SAA received R50,3bn in Government assistance between 2004 and 2020, R31,243bn in cash injections and R19,114bn in Government guarantees, according to the first draft management report submitted to Parliament since 2017.
Public Enterprises Minister Pravin Gordhan and SAA Business Rescue Practitioners, Les Matuson and Siviwe Dongwana, presented the report during a three-hour-long joint online sitting of the Standing Committee on Public Accounts (SCOPA) and Portfolio Committee on Public Enterprises on Friday afternoon.
The briefing revealed that the BRPs had burned through nearly R10bn during the past five months (amongst which 20% was on fuel, about 60% on salaries; 12% on aircraft leases and 12% to Airlink); that Matuson and Dongwana shared R30m in fees over the past three and a half months; and that accounting firm PWC – hired by the BRPs – was paid another R30m to come up with a financial model.
In another revelation, a photograph of SAA’s balance sheet ending March 31, 2019 – tweeted by SCOPA Democratic Alliance MP Alf Lees ahead of the briefing – showed SAA bled R10,5bn in the last two financial years – R5bn in 2019 and R5,48bn in 2018.
The briefing also made clear the impasse between Government and the BRPs had not been resolved. SCOPA chairperson, Mkhuleko Hlengwa, called it an “unhealthy working relationship, which is not in the best interest of SAA. It’s clear they are singing from two different hymn sheets,” he said, and called for a “meeting of minds for a sustainable outlook”.
He tasked MPs to submit further questions to DPE by Monday and for DPE to report back to SCOPA on May 26 with “a timeline and deadline when this matter will be concluded”.
The continuing impasse became clear when Siviwe said a business plan for the winding down of SAA would be published soon after engagement with affected parties and key stakeholders. He stressed that any restructuring would require further funding, which the Government, since April, says is not available.
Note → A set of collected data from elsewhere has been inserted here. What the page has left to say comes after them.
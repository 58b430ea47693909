-- ===== src/Mm/Elf.antt =====
-- kernel/src/mm/elf/parse.rs: reading the headers of ELF files. The sums of 64 bits wrap around, as
-- in a build without overflow checks; a read beyond the end of the file, which such a sum can lead
-- to, is told apart.
pub mod Header
pub mod Shebang
pub mod Relocate
pub mod Segments
pub mod Found
mod Tests
use theory_os.Base.{
  ℕ, zero, suc, ◌+◌, ◌-◌, ◌*◌, ◌/◌, ◌%◌, ◌^◌, Bool, true, false, not, ◌&&◌, ◌||◌, Option, none,
  some, List, [], ◌∷◌, ltb, leb, ◌==◌, if◌then◌else◌, length, get_or, take, drop, min,
}
use theory_os.Base.Bytes.{from_le_bytes, slice}

abbrev pub elf_magic : List ℕ
elf_magic = 0x7f ∷ 0x45 ∷ 0x4c ∷ 0x46 ∷ []

abbrev pub et_exec : ℕ
et_exec = 2

abbrev pub et_dyn : ℕ
et_dyn = 3

abbrev pub em_x86_64 : ℕ
em_x86_64 = 62

abbrev pub pt_load : ℕ
pt_load = 1

abbrev pub pt_dynamic : ℕ
pt_dynamic = 2

abbrev pub pt_interp : ℕ
pt_interp = 3

abbrev pub pt_phdr : ℕ
pt_phdr = 6

abbrev pub u64_max : ℕ
u64_max = 0xffff_ffff_ffff_ffff

abbrev pub wrap : ℕ → ℕ
wrap n = n % 2 ^ 64

pub record Elf64Ehdr : Type 0 where
  pub e_ident : List ℕ
  pub e_type : ℕ
  pub e_machine : ℕ
  pub e_version : ℕ
  pub e_entry : ℕ
  pub e_phoff : ℕ
  pub e_shoff : ℕ
  pub e_flags : ℕ
  pub e_ehsize : ℕ
  pub e_phentsize : ℕ
  pub e_phnum : ℕ
  pub e_shentsize : ℕ
  pub e_shnum : ℕ
  pub e_shstrndx : ℕ

pub record Elf64Phdr : Type 0 where
  pub p_type : ℕ
  pub p_flags : ℕ
  pub p_offset : ℕ
  pub p_vaddr : ℕ
  pub p_paddr : ℕ
  pub p_filesz : ℕ
  pub p_memsz : ℕ
  pub p_align : ℕ

pub data ParseError : Type 0 where
  invalid : ParseError
  not_elf : ParseError
  bad_machine : ParseError
  bad_type : ParseError

-- `outside` is a read beyond the end of the file, or a slice that panics.
pub data Parsed (A : Type 0) : Type 0 where
  ok : A → Parsed A
  err : ParseError → Parsed A
  outside : Parsed A

infixl 5 ◌>>=◌
abbrev pub ◌>>=◌ : {A B : Type 0} → Parsed A → (A → Parsed B) → Parsed B
ok a >>= f = f a
err e >>= f = err e
outside >>= f = outside

-- The little-endian word of `n` bytes at an offset.
abbrev pub word_at : List ℕ → ℕ → ℕ → ℕ
word_at bytes off n = from_le_bytes (slice bytes off (off + n))

-- `read_unaligned` of the headers, at their offsets under `repr(C)`.
abbrev pub read_ehdr : List ℕ → Elf64Ehdr
read_ehdr bytes = record {
  e_ident = slice bytes 0 16;
  e_type = word_at bytes 16 2;
  e_machine = word_at bytes 18 2;
  e_version = word_at bytes 20 4;
  e_entry = word_at bytes 24 8;
  e_phoff = word_at bytes 32 8;
  e_shoff = word_at bytes 40 8;
  e_flags = word_at bytes 48 4;
  e_ehsize = word_at bytes 52 2;
  e_phentsize = word_at bytes 54 2;
  e_phnum = word_at bytes 56 2;
  e_shentsize = word_at bytes 58 2;
  e_shnum = word_at bytes 60 2;
  e_shstrndx = word_at bytes 62 2;
}

abbrev pub read_phdr : List ℕ → Elf64Phdr
read_phdr bytes = record {
  p_type = word_at bytes 0 4;
  p_flags = word_at bytes 4 4;
  p_offset = word_at bytes 8 8;
  p_vaddr = word_at bytes 16 8;
  p_paddr = word_at bytes 24 8;
  p_filesz = word_at bytes 32 8;
  p_memsz = word_at bytes 40 8;
  p_align = word_at bytes 48 8;
}

unfoldable pub parse_ehdr : List ℕ → Parsed Elf64Ehdr
parse_ehdr bytes = if ltb (length bytes) 64 then err invalid else ok (read_ehdr bytes)

abbrev pub same_magic : List ℕ → Bool
same_magic ident =
    (get_or ident 0 0 == 0x7f)
    && (get_or ident 1 0 == 0x45)
    && (get_or ident 2 0 == 0x4c)
    && (get_or ident 3 0 == 0x46)

unfoldable pub validate_hdr : Elf64Ehdr → Parsed Unit
validate_hdr hdr =
    if not (same_magic hdr.e_ident) || not (get_or hdr.e_ident 4 0 == 2)
    then err not_elf
    else if not (get_or hdr.e_ident 5 0 == 1)
    then err not_elf
    else if not (hdr.e_machine == em_x86_64)
    then err bad_machine
    else if not (hdr.e_type == et_exec) && not (hdr.e_type == et_dyn)
    then err bad_type
    else ok tt

abbrev pub phdr_offset : Elf64Ehdr → ℕ → ℕ
phdr_offset hdr index = wrap (hdr.e_phoff + index * hdr.e_phentsize)

unfoldable pub phdr_at : List ℕ → Elf64Ehdr → ℕ → Parsed Elf64Phdr
phdr_at bytes hdr index =
    if ltb (length bytes) (wrap (phdr_offset hdr index + 56))
    then err invalid
    else if ltb (length bytes) (phdr_offset hdr index + 56)
    then outside
    else ok (read_phdr (drop (phdr_offset hdr index) bytes))

unfoldable pub is_elf : List ℕ → Bool
is_elf bytes = leb 4 (length bytes) && same_magic bytes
The Minister reacted with anger, demanding “a credible plan that presents us with options, the outcome of which must be a viable business”. On May 5 Pravin rejected a draft plan by the BRPs and has employed his own aviation experts to devise a plan for what is being termed a ‘NewCo’.
He questioned why operational restructuring costs doubled from January 3 to February 17 from R2,4bn to R5,5bn. “The BRPs were not put in place to run an airline, they were put in place to emerge with a plan so that competent managers are appointed to run the airline.”
Responding to questions from MPs why SAA had not yet returned unused aircraft to lessors, Siviwe said some had been returned in March but this stopped with the lockdown.
He also cautioned against risks of returning aircraft to creditors, such as triggering the repayment of Government guarantees and breach of contracts that may result in further claims against SAA.
He said SAA had paid all salaries until end April and all employees were now on unpaid leave, adding that SAA was up to date in paying all due taxes. He said the BRPs provided regular reports to DPE, including weekly cash flow forecasts and daily liquidity reports that demonstrated cash reserves and daily expenses. He said the BRPs continued to provide management accounts to DPE and National Treasury.
The Minister dismissed attempts by Les to express support of Pravin’s commitment to restructuring SAA, saying he didn’t need Les to be his praise singer. However, he later expressed the hope that some consensus could be found in further dialogue with the BRPs.
In an MoU signed earlier this week, both parties agreed to co-operate in the development of a business rescue plan that will result in a restructured SAA or ‘NewCo’; and for the DPE to formulate proposals by June 30, which will be included in the plan.